Growers pick and trim the nug to test. And the majority of the lower ones are 10-30% lower. So no I don't think what they sell to us at club is that high.. That's why I test most of what I grow... Not for bragging rights, but so I know.


----------



## Ace Yonder (Nov 16, 2014)

pk_boosted2 said:


> I said and I will repeat because apparently no one knows how to read an entire post for its content. The average marijuana in America has 10% thc.. Premium cannabis is considered to be anything over 18%. Therefore if you have anything over 18% then it's on the higher end in comparison with ALL cannabis being sold in America. Not just where you live DUH!! Obviously at dispensaries they carry what they "think" is the best or what's "hot and trendy" in market, like Girl Scout cookies right now for example.
> 
> But do you honestly think that every strain they list at 20+% thc is accurate or just a marketing point? I choose the latter I guarantee u take those pieces and get it tested very few will give you those results they say.
> 
> The THC content is the # of percentage of thc that strain is capable of producing, I don't believe it's the exact sample you are buying and smoking because every piece in every bag and jar is different. So what you are getting is a ball park based on what that strain is able to produce.

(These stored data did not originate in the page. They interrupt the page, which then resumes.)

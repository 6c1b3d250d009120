-- ===== src/Transfer/Ranged.antt =====
-- `_ranged_worker` and `_download_ranged`: the parts of one version of an object, each written at its
-- own place in a temporary file. The workers run one after another here, in the order of the parts;
-- `abort` and the deadline end the whole download, which the answers that fail stand for.
use Prim.Native.String.{String}
use monty_pod.Common.{
  Bool, List, Option, [], false, if◌then◌else◌, length, none, not, some, str_eq, suc, true, zero, ℕ,
  ◌&&◌, ◌+◌, ◌-◌, ◌==◌, ◌∷◌,
}
use monty_pod.Transfer.Ranges.{range_bounds, ranged_width}
use monty_pod.Transfer.Download.{
  ContentRange, RangeTotal, Reply, Response, answered, garbled_range, malformed_total, no_range,
  span_of, star, total_of, unreachable,
}

abbrev pub range_part_attempts : ℕ
range_part_attempts = 2

-- The bytes of the file from its first on, replaced by those of the body.
unfoldable pub over : List ℕ → List ℕ → List ℕ
over [] file = file
over (b ∷ body) [] = b ∷ over body []
over (b ∷ body) (f ∷ file) = b ∷ over body file

-- `seek` and `write`; a gap is filled with zeros.
unfoldable pub write_at : ℕ → List ℕ → List ℕ → List ℕ
write_at zero body file = over body file
write_at (suc n) body [] = 0 ∷ write_at n body []
write_at (suc n) body (f ∷ file) = f ∷ write_at n body file

abbrev pub is_exact_total : RangeTotal → ℕ → Bool
is_exact_total star total = false
is_exact_total malformed_total total = false
is_exact_total (total_of t) total = t == total

-- The header is `bytes {start}-{end}/{total}`.
abbrev pub is_exact_range : ContentRange → ℕ → ℕ → ℕ → Bool
is_exact_range no_range first last total = false
is_exact_range garbled_range first last total = false
is_exact_range (span_of is_bytes a b t) first last total =
    is_bytes && a == first && b == last && is_exact_total t total

abbrev pub is_etag : Option String → String → Bool
is_etag none etag = false
is_etag (some e) etag = str_eq e etag

-- Whether the headers of a part allow its body to be written.
unfoldable pub is_part : Response → ℕ → ℕ → ℕ → String → Bool
is_part r first last total etag =
    r.status == 206
    && not r.encoded
    && is_etag r.etag etag
    && is_exact_range r.content_range first last total

-- One attempt at a part: whether it is whole, and the file.
unfoldable pub part_attempt : Reply → ℕ → ℕ → ℕ → String → List ℕ → Bool × List ℕ
part_attempt unreachable first last total etag file = (false, file)
part_attempt (answered r) first last total etag file =
    if is_part r first last total etag
    then (not r.cut && length r.body == last - first + 1, write_at first r.body file)
    else (false, file)

abbrev pub or_again : Bool × List ℕ → (List ℕ → Bool × List ℕ) → Bool × List ℕ
or_again (true, file) again = (true, file)
or_again (false, file) again = again file

-- `_ranged_worker`: attempt number `i` and those after it, of which `n` are left.
unfoldable pub ranged_worker : ℕ → ℕ → (ℕ → Reply) → ℕ → ℕ → ℕ → String → List ℕ → Bool × List ℕ
ranged_worker i zero replies first last total etag file = (false, file)
ranged_worker i (suc n) replies first last total etag file =
    or_again (part_attempt (replies i) first last total etag file)
      (λ left. ranged_worker (i + 1) n replies first last total etag left)

abbrev pub counted : ℕ → Option (ℕ × List ℕ) → Option (ℕ × List ℕ)
counted size none = none
counted size (some (moved, file)) = some (size + moved, file)

-- A part that failed ends the download; one that is whole adds its length to what was moved.
abbrev pub then_part : ℕ → Bool × List ℕ → (List ℕ → Option (ℕ × List ℕ)) → Option (ℕ × List ℕ)
then_part size (false, file) rest = none
then_part size (true, file) rest = counted size (rest file)

-- The parts, of which this is number `k`.
unfoldable pub run_parts :
    List (ℕ × ℕ) → ℕ → (ℕ → ℕ → Reply) → ℕ → String → List ℕ → Option (ℕ × List ℕ)
run_parts [] k replies total etag file = some (0, file)
run_parts ((first, last) ∷ bounds) k replies total etag file =
    then_part (last - first + 1)
      (ranged_worker 0 range_part_attempts (replies k) first last total etag file)
      (λ left. run_parts bounds (k + 1) replies total etag left)

unfoldable pub zeros : ℕ → List ℕ
zeros zero = []
zeros (suc n) = 0 ∷ zeros n

abbrev pub renamed : ℕ → Option (ℕ × List ℕ) → Option (List ℕ)
renamed total none = none
renamed total (some (moved, file)) = if moved == total then some file else none

-- What is renamed to `dest` of a download in `width` parts.
unfoldable pub assembled : ℕ → ℕ → String → (ℕ → ℕ → Reply) → Option (List ℕ)
assembled width total etag replies =
    renamed total (run_parts (range_bounds total width) 0 replies total etag (zeros total))

-- `_download_ranged` by `workers` workers.
unfoldable pub download_ranged : ℕ → ℕ → String → (ℕ → ℕ → Reply) → Option (List ℕ)
download_ranged workers total etag replies =
    assembled (ranged_width workers total) total etag replies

The point you just made goes against what you are saying. You are right, 10% is the average for america AS A WHOLE, that includes areas with limited access to quality green that has an even lower average, and areas that are flush with high quality cannabis where the average is much much higher. I have friends in South Carolina that will attest to the fact that the quality of herb available there is DRAMATICALLY worse than the weed available on the west coast, or even in bigger east coast states like NY and FL, and that same dramatically shittier weed is being included in the total. Until you can find % that are done state by state, America's as a whole average potency means literally nothing. Also, I think testing may be done differently where you are, here testing is never done by the dispensaries themselves, they are done at impartial labs that list the results online even if you choose to withhold the results in store because they were sub par. Is there a guarantee that every nug will have the same cannabinoid content as the tested sample? Of course not. But do the numbers come from actual tests that are check-able even to the point of having photographs taken by the lab of the sample prior to testing? Absolutely. You might not be getting the nug that tested above 30%, but there indeed was a nug, from that batch, that tested that high, and you can even see exactly what it looked like, and you can usually tell when they are just cherry picking the very best nugs.


----------



## EverythingsHazy (Nov 16, 2014)

Are they saying the percentage of THC in relation to all the cannabinoids, or the percentage of THC in relation to the total weight of the plant matter? If it's the latter, anything above 25% is absolutely ridiculous to believe. You think you can pull 7 grams of PURE THC from an ounce of some of those buds? How about 10g's of THC? Seems a bit doubtful to say the least.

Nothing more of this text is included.